Prompt stand ihm Verstappen im Weg. Nicht ganz unabsichtlich. Er wusste, was Mercedes mit Bottas vorhatte. "Gerissen, aber erlaubt", urteilten beide Parteien. Vier Runden später holte sich Bottas die zweite Garnitur Soft ab. Diesmal spendete sein Nachfolger George Russell auch noch Windschatten.
Red Bulls Trumpfkarte war das Auto
Das Rennen in der dünnen Luft von Mexico-City war wie erwartet der Killer für Mercedes. "Red Bull hatte klar das schnellere Auto. Wir konnten nur auf Schadensbegrenzung aus sein", stellte Wolff sachlich fest.
Der Sieg am Samstag war ein Ausreißer. Mercedes hatte das Reifenfenster optimal getroffen, Red Bull hatte es grandios verfehlt. "Die gestiegenen Temperaturen könnten ein Grund gewesen sein", blickte Newey auf den Samstag zurück. Verstappen brachte auch die Aufwärmrunden ins Spiel. Am Sonntag fanden die Favoriten wieder zurück zu ihrer Normalform.
Der Motor spielte im Gegensatz zu allen Prognosen praktisch keine Rolle für Red Bulls Dominanz. "Unsere Motorleute haben einen tollen Job gemacht und eine Kalibrierung gefunden, die uns in der Höhe keinen Nachteil mehr brachte", hieß es im Weltmeister-Team.
Red Bulls Trumpfkarte war das Auto.

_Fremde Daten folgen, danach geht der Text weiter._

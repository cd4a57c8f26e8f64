-- ===== src/Blocks/Disk/Assign.antt =====
-- An entry of filesystem-block-manager/test.cpp that gets a new block.
use linux_cpp.Prelude.{ℕ, ◌≡◌, ◌≢◌, ◌⊎◌, inl, inr, sym, ap, ◌∙◌, Bool-cases, arith}
use linux_cpp.Blocks.Disk.{State}
use linux_cpp.Blocks.Disk.Slots.{Slot, IsSlot, same_slot, same_slot-eq, value, Inv, Fresh, Assigned}

module _ (s s' : State) (t : Slot) (n : ℕ) (v : Inv s) (f : Fresh s n) (a : Assigned s s' t n) where
  -- entry `u` of the new state is `t` with the value `n`, or has its old value
  old_or_new : (u : Slot) → IsSlot u → ((u ≡ t) × (value s' u ≡ n)) ⊎ (value s' u ≡ value s u)
  old_or_new u i = elim (Bool-cases (same_slot t u)) [
    | inl e ↦ inl (same_slot-eq t u e, rw e at (a.values u i))
    | inr e ↦ inr (rw e at (a.values u i))
  ]

  distinct' : (x y : Slot) → IsSlot x → IsSlot y → value s' x ≢ 0 → value s' x ≡ value s' y → x ≡ y
  distinct' x y i j h e = elim (old_or_new x i) [
    | inl (p, p') ↦ elim (old_or_new y j) [
      | inl (q, q') ↦ p ∙ sym q
      | inr q ↦ absurd (f.unowned y j (sym q ∙ sym e ∙ p'))
    ]
    | inr p ↦ elim (old_or_new y j) [
      | inl (q, q') ↦ absurd (f.unowned x i (sym p ∙ e ∙ q'))
      | inr q ↦ v.distinct x y i j (λ z. h (p ∙ z)) (sym p ∙ e ∙ q)
    ]
  ]

  pub Assigned-Inv : Inv s'
  Assigned-Inv = record {
    ready = a.ready;
    low = λ u i h. elim (old_or_new u i) [
      | inl (p, p') ↦ omega (arith, f.least, p')
      | inr p ↦ omega (arith, p, v.low u i (λ z. h (p ∙ z)))
    ];
    high = λ u i h. elim (old_or_new u i) [
      | inl (p, p') ↦ omega (arith, f.most, p')
      | inr p ↦ omega (arith, p, v.high u i (λ z. h (p ∙ z)))
    ];
    used = λ u i h. elim (old_or_new u i) [
      | inl (p, p') ↦ rw (a.bitmap, p') f.taken
      | inr p ↦ rw (a.bitmap, p) (v.used u i (λ z. h (p ∙ z)))
    ];
    distinct = distinct';
    blank = λ m l u h i. a.unused m l u (rw a.bitmap at h) i ∙ v.blank m l u (rw a.bitmap at h) i;
  }

  -- an entry that has a block keeps it
  pub Assigned-kept : value s t ≡ 0 → (u : Slot) → IsSlot u → value s u ≢ 0 → value s' u ≡ value s u
  Assigned-kept z u i h = elim (old_or_new u i) [
    | inl (p, p') ↦ absurd (h (ap (value s) p ∙ z))
    | inr p ↦ p
  ]
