-- ===== src/Blocks/Disk/Room.antt =====
-- How many blocks of group 0 are free for files, in filesystem-block-manager/test.cpp.
use linux_cpp.Prelude.{
  ℕ, zero, suc, ◌+◌, ◌≤◌, ◌≡◌, ◌≢◌, inl, inr, refl, Bool, true, false, ◌==◌, Bool-cases, ==→eq,
  ==→ne, arith,
}
use linux_cpp.Blocks.{Words, set_bit, test_bit}
use linux_cpp.Blocks.Bits.{test_bit-set_bit_ne}
use linux_cpp.Blocks.Scan.{AllSet}
use linux_cpp.Blocks.Disk.{State}
use linux_cpp.Blocks.Disk.Alloc.{view}

abbrev pub one_clear : Bool → ℕ
one_clear true = 0
one_clear false = 1

-- how many of `left` bits from `i` on are clear
unfoldable pub free_bits : ℕ → ℕ → Words → ℕ
free_bits zero i ws = 0
free_bits (suc left) i ws = one_clear (test_bit i ws) + free_bits left (suc i) ws

-- the free blocks that `get_block` can give out
unfoldable pub room : State → ℕ
room s = free_bits 170 22 (view s 2)

pub free_bits-AllSet : (left i : ℕ) (ws : Words) → AllSet ws i (i + left) → free_bits left i ws ≡ 0
unfolding free_bits
free_bits-AllSet zero i ws h = refl
free_bits-AllSet (suc left) i ws h = ground (
  arith,
  h i (omega arith) (omega arith),
  free_bits-AllSet left (suc i) ws (λ k l u. h k (omega arith) (omega arith)),
)

free_bits_ext :
    (left i : ℕ) (ws ws' : Words)
    → ((k : ℕ) → i ≤ k → test_bit k ws' ≡ test_bit k ws)
    → free_bits left i ws' ≡ free_bits left i ws
unfolding free_bits
free_bits_ext zero i ws ws' h = refl
free_bits_ext (suc left) i ws ws' h =
    ground (arith, h i (omega arith), free_bits_ext left (suc i) ws ws' (λ k l. h k (omega arith)))

-- one more bit that is set takes one away at most
pub free_bits-set_bit :
    (left i n : ℕ) (ws : Words) → free_bits left i ws ≤ suc (free_bits left i (set_bit n ws))
unfolding free_bits
free_bits-set_bit zero i n ws = omega arith
free_bits-set_bit (suc left) i n ws = elim (Bool-cases (i == n)) [
  | inl e ↦ ground (
    arith,
    free_bits_ext left (suc i) ws (set_bit n ws)
        (λ k l. test_bit-set_bit_ne n k ws (after i n k (==→eq i n e) l)),
  )
  | inr d ↦
      ground (arith, test_bit-set_bit_ne n i ws (==→ne i n d), free_bits-set_bit left (suc i) n ws)
]
  where
    after : (i n k : ℕ) → i ≡ n → suc i ≤ k → k ≢ n
    after i n k e l = λ q. absurd (omega (arith, e, l, q))
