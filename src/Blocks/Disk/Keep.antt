-- ===== src/Blocks/Disk/Keep.antt =====
-- What reading a block and taking a block keep, in filesystem-block-manager/test.cpp.
use linux_cpp.Prelude.{
  ℕ, ◌≤◌, ◌<◌, ◌≡◌, inl, inr, ap, ◌∙◌, true, false, ◌==◌, Bool-cases, ==→eq, ==→ne, arith,
}
use linux_cpp.Blocks.{Words, set_bit, test_bit}
use linux_cpp.Blocks.Bits.{test_bit-set_bit_same, test_bit-set_bit_ne}
use linux_cpp.Blocks.Disk.{State, read_block}
use linux_cpp.Blocks.Disk.Alloc.{view, Took, read_block-view, read_block-i_data, read_block-IsReady}
use linux_cpp.Blocks.Disk.Slots.{Slot, value, value_eq, Inv, Fresh}

pub read_block-value : (b : ℕ) (s : State) (t : Slot) → value (read_block b s) t ≡ value s t
read_block-value b s t =
    value_eq s (read_block b s) (read_block-i_data b s) (λ u _ _. read_block-view b s (value s u)) t

pub read_block-Inv : (b : ℕ) (s : State) → Inv s → Inv (read_block b s)
read_block-Inv b s v = record {
  ready = read_block-IsReady b s v.ready;
  low = λ t. rw (read_block-value b s t) (v.low t);
  high = λ t. rw (read_block-value b s t) (v.high t);
  used = λ t. rw (read_block-value b s t, read_block-view b s 2) (v.used t);
  distinct = λ t u. rw (read_block-value b s t, read_block-value b s u) (v.distinct t u);
  blank = λ n. rw (read_block-view b s 2, read_block-view b s n) (v.blank n);
}

module _ (s s' : State) (n : ℕ) (v : Inv s) (k : Took s s' n) where
  pub Took-value : (t : Slot) → value s' t ≡ value s t
  Took-value t =
      value_eq s s' k.inode
        (λ u i h. k.others (value s u) (λ e. absurd (omega (arith, v.low u i h, e)))) t

  bit_kept : (m : ℕ) → test_bit m (view s 2) ≡ true → test_bit m (view s' 2) ≡ true
  bit_kept m h = elim (Bool-cases (m == n)) [
    | inl e ↦
        ap (test_bit m) k.bitmap
        ∙ ap (λ j. test_bit j (set_bit n (view s 2))) (==→eq m n e)
        ∙ test_bit-set_bit_same n (view s 2)
    | inr d ↦ ap (test_bit m) k.bitmap ∙ test_bit-set_bit_ne n m (view s 2) (==→ne m n d) ∙ h
  ]

  bit_before : (m : ℕ) → test_bit m (view s' 2) ≡ false → test_bit m (view s 2) ≡ false
  bit_before m h = elim (Bool-cases (test_bit m (view s 2))) [
    | inl e ↦ absurd (ground (arith, bit_kept m e, h))
    | inr e ↦ e
  ]

  pub Took-Inv : Inv s'
  Took-Inv = record {
    ready = k.ready;
    low = λ t. rw (Took-value t) (v.low t);
    high = λ t. rw (Took-value t) (v.high t);
    used = λ t i. rw (Took-value t) (λ h. bit_kept (value s t) (v.used t i h));
    distinct = λ t u. rw (Took-value t, Took-value u) (v.distinct t u);
    blank = λ m a b c i.
        ap (λ (w : Words). w i) (k.others m (λ e. absurd (omega (arith, a, e))))
        ∙ v.blank m a b (bit_before m c) i;
  }

  pub Took-Fresh : 22 ≤ n → n < 192 → test_bit n (view s 2) ≡ false → Fresh s' n
  Took-Fresh a b c = record {
    least = a;
    most = b;
    taken = ap (test_bit n) k.bitmap ∙ test_bit-set_bit_same n (view s 2);
    unowned = λ t i.
        rw (Took-value t)
          (λ e. absurd (ground (arith, c, v.used t i (λ z. absurd (omega (arith, a, e, z))), e)));
    zeros = λ i.
        ap (λ (w : Words). w i) (k.others n (λ e. absurd (omega (arith, a, e))))
        ∙ v.blank n a b c i;
  }
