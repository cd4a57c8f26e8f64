-- ===== src/Blocks/Disk/Fill.antt =====
-- `get_blocks` of filesystem-block-manager/test.cpp: the entry that it ends with has a block.
use linux_cpp.Prelude.{
  ℕ, suc, ◌+◌, ◌≤◌, ◌≡◌, ◌≢◌, refl, sym, ap, ◌∙◌, true, Option, none, some, ◌==◌, if_elim, ==→eq,
  ==→ne, arith,
}
use linux_cpp.Blocks.Disk.{
  State, super_block, Result, done, breaks, spins, bind, get_block, to_ulong, fill,
}
use linux_cpp.Blocks.Disk.Alloc.{view, Took, Grants, get_block-Grants}
use linux_cpp.Blocks.Disk.Slots.{Slot, direct, root, mid, leaf, IsSlot, value, Inv, Fresh, Assigned}
use linux_cpp.Blocks.Disk.Keep.{Took-value, Took-Inv, Took-Fresh}
use linux_cpp.Blocks.Disk.Assign.{Assigned-Inv, Assigned-kept}
use linux_cpp.Blocks.Disk.Room.{free_bits, room, free_bits-AllSet, free_bits-set_bit}

-- A call that returns ends as `P` says; one that meets an undefined access, as `Q` says; and no call
-- repeats for ever.
abbrev pub Ends : {A : Type 0} → (A → State → Type 0) → Type 0 → Result A → Type 0
Ends P Q (done a s) = P a s
Ends P Q breaks = Q
Ends P Q spins = ⊥

pub bind-Ends :
    {A B : Type 0} (P : A → State → Type 0) (Q : Type 0) (P' : B → State → Type 0) (Q' : Type 0)
    (r : Result A) (k : A → State → Result B)
    → Ends P Q r
    → ((a : A) (s : State) → P a s → Ends P' Q' (k a s))
    → (Q → Q')
    → Ends P' Q' (bind r k)
bind-Ends P Q P' Q' (done a s) k h f g = f a s h
bind-Ends P Q P' Q' breaks k h f g = g h
bind-Ends P Q P' Q' spins k h f g = h

-- entry `t` has the block `b` in the state `s'` after `s`; every entry that had one has kept it
pub record Filled (s : State) (t : Slot) (cost b : ℕ) (s' : State) : Type 0 where
  pub inv : Inv s'
  pub there : value s' t ≡ b
  pub some_block : b ≢ 0
  pub kept : (u : Slot) → IsSlot u → value s u ≢ 0 → value s' u ≡ value s u
  pub less : room s ≤ cost + room s'
  pub keeps : (c : ℕ) → s.uptodate c ≡ true → s'.uptodate c ≡ true

Took-room : (s s' : State) (n : ℕ) → Took s s' n → room s ≤ suc (room s')
unfolding room
Took-room s s' n k = rw k.bitmap (free_bits-set_bit 170 22 n (view s 2))

Assigned-room : (s s' : State) (t : Slot) (n : ℕ) → Assigned s s' t n → room s' ≡ room s
unfolding room
Assigned-room s s' t n a = ap (free_bits 170 22) a.bitmap

same_slot_self : (s s' : State) (t : Slot) (n : ℕ) → IsSlot t → Assigned s s' t n → value s' t ≡ n
same_slot_self s s' (direct i) n l a = a.values (direct i) l ∙ ground arith
same_slot_self s s' root n l a = a.values root l
same_slot_self s s' (mid j) n l a = a.values (mid j) l ∙ ground arith
same_slot_self s s' (leaf j k) n l a = a.values (leaf j k) l ∙ ground arith

-- the write that `fill` ends with, in any state in which the block has been taken
abbrev pub Writes : State → Slot → (ℕ → State → State) → Type 0
Writes s t put =
    (s1 : State) (n : ℕ)
    → Inv s1
    → Fresh s1 n
    → ((u : Slot) → value s1 u ≡ value s u)
    → ((c : ℕ) → s.uptodate c ≡ true → s1.uptodate c ≡ true)
    → Assigned s1 (put n s1) t n

granted :
    (s : State) (t : Slot) (put : ℕ → State → State) (r : Result (Option ℕ))
    → Inv s
    → IsSlot t
    → value s t ≡ 0
    → Writes s t put
    → ((n : ℕ) (s1 : State) (c : ℕ) → (put n s1).uptodate c ≡ s1.uptodate c)
    → Grants s r
    → Ends (Filled s t 1) (room s ≡ 0) (bind r (λ r s1. done (to_ulong r) (put (to_ulong r) s1)))
unfolding room
granted s t put (done (some n) s1) v i z w same (a, b, c, d, k) =
    let v1 = Took-Inv s s1 n v k in
    let f = Took-Fresh s s1 n v k a b c in
    let g = w s1 n v1 f (Took-value s s1 n v k) k.keeps in
    let z1 : value s1 t ≡ 0 = Took-value s s1 n v k t ∙ z in
    record {
      inv = Assigned-Inv s1 (put n s1) t n v1 f g;
      there = same_slot_self s1 (put n s1) t n i g;
      some_block = λ e. absurd (omega (arith, a, e));
      kept = λ u j h.
          Assigned-kept s1 (put n s1) t n v1 f g z1 u j (λ q. h (sym (Took-value s s1 n v k u) ∙ q))
          ∙ Took-value s s1 n v k u;
      less = omega (arith, Took-room s s1 n k, Assigned-room s1 (put n s1) t n g);
      keeps = λ x h. same n s1 x ∙ k.keeps x h;
    }
granted s t put (done none s1) v i z w same h = absurd h
granted s t put breaks v i z w same h = free_bits-AllSet 170 22 (view s 2) h
granted s t put spins v i z w same h = h

pub fill-Filled :
    (s : State) (t : Slot) (x : ℕ) (put : ℕ → State → State)
    → Inv s
    → IsSlot t
    → value s t ≡ x
    → (value s t ≡ 0 → Writes s t put)
    → ((n : ℕ) (s1 : State) (c : ℕ) → (put n s1).uptodate c ≡ s1.uptodate c)
    → Ends (Filled s t 1) (room s ≡ 0) (fill (super_block 0) x put s)
unfolding fill
fill-Filled s t x put v i e w same =
    if_elim (Ends (Filled s t 1) (room s ≡ 0)) (x == 0) _ (done x s)
      (λ z.
        let q : value s t ≡ 0 = e ∙ ==→eq x 0 z in
        granted s t put (get_block (super_block 0) s) v i q (w q) same (get_block-Grants s v.ready))
      (λ z. record {
        inv = v;
        there = e;
        some_block = ==→ne x 0 z;
        kept = λ u j h. refl;
        less = omega arith;
        keeps = λ c h. h;
      })

-- a weaker statement about the end of a call
pub Ends-map :
    {A : Type 0} (P : A → State → Type 0) (Q : Type 0) (P' : A → State → Type 0) (Q' : Type 0)
    (r : Result A)
    → Ends P Q r
    → ((a : A) (s : State) → P a s → P' a s)
    → (Q → Q')
    → Ends P' Q' r
Ends-map P Q P' Q' (done a s) h f g = f a s h
Ends-map P Q P' Q' breaks h f g = g h
Ends-map P Q P' Q' spins h f g = h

Wenn maximaler Abtrieb gefragt ist, hat der RB16B einen Vorteil. Mercedes muss dann auch noch tief und steif fahren, damit die Aerodynamik einigermaßen funktioniert. Das kostet Zeit über die Randsteine. Was in Monte Carlo nicht funktionierte, ging auch in Mexiko nicht besser.
Hamilton mit dem Rücken zur Wand
Über eine Renndistanz machten sich die Defizite von Mercedes noch deutlicher bemerkbar. Weil die Reifen schneller nachlassen. Dafür steht auch das Duell Hamilton gegen Perez. Nachdem Red Bull den frühen Stopp von Hamilton nicht kontern konnte, zögerte man den Boxenstopp des Mexikaners so lange wie möglich heraus. Mit einem Reifendelta von elf Runden zu seinen Gunsten hatte Perez 30 Runden Zeit 9,5 Sekunden Rückstand auf Hamilton aufzuholen. Nur 20 Runden später hing der Lokalheld dem Mercedes im DRS-Bereich.
Es war im Prinzip die gleiche Konstellation wie 14 Tage zuvor in Austin, wo Hamilton mit einem Reifenvorteil Jagd auf Verstappen machte. Verstappen ließ seinen Gegner absichtlich näherkommen, um die Reifen für das Finale zu schonen. Diesen Luxus hatte Hamilton diesmal nicht.
"Wir standen mit dem Rücken zur Wand. Lewis ist vielleicht ein Zehntel langsamer gefahren als er konnte, um die Reifen nicht zu überfordern. Max hat in Austin sechs Zehntel pro Runde nachgelassen. Weil er auch da das bessere Auto hatte."
Nach zwei Red Bull-Strecken hofft Mercedes in Brasilien wieder auf ein Duell auf Augenhöhe. "Ich bin optimistisch. Die Strecke hat uns in der Vergangenheit immer gelegen. Sie passt vom Layout besser zu unserem Auto, und wir haben auch keinen Motornachteil mehr", hofft Wolff. Er macht Hamilton sogar Hoffnung, dass er um einen fünften Motor herumkommt. "Wir scheinen das Motorenproblem unter Kontrolle zu haben. Zuletzt gab es keine Alarmzeichen mehr."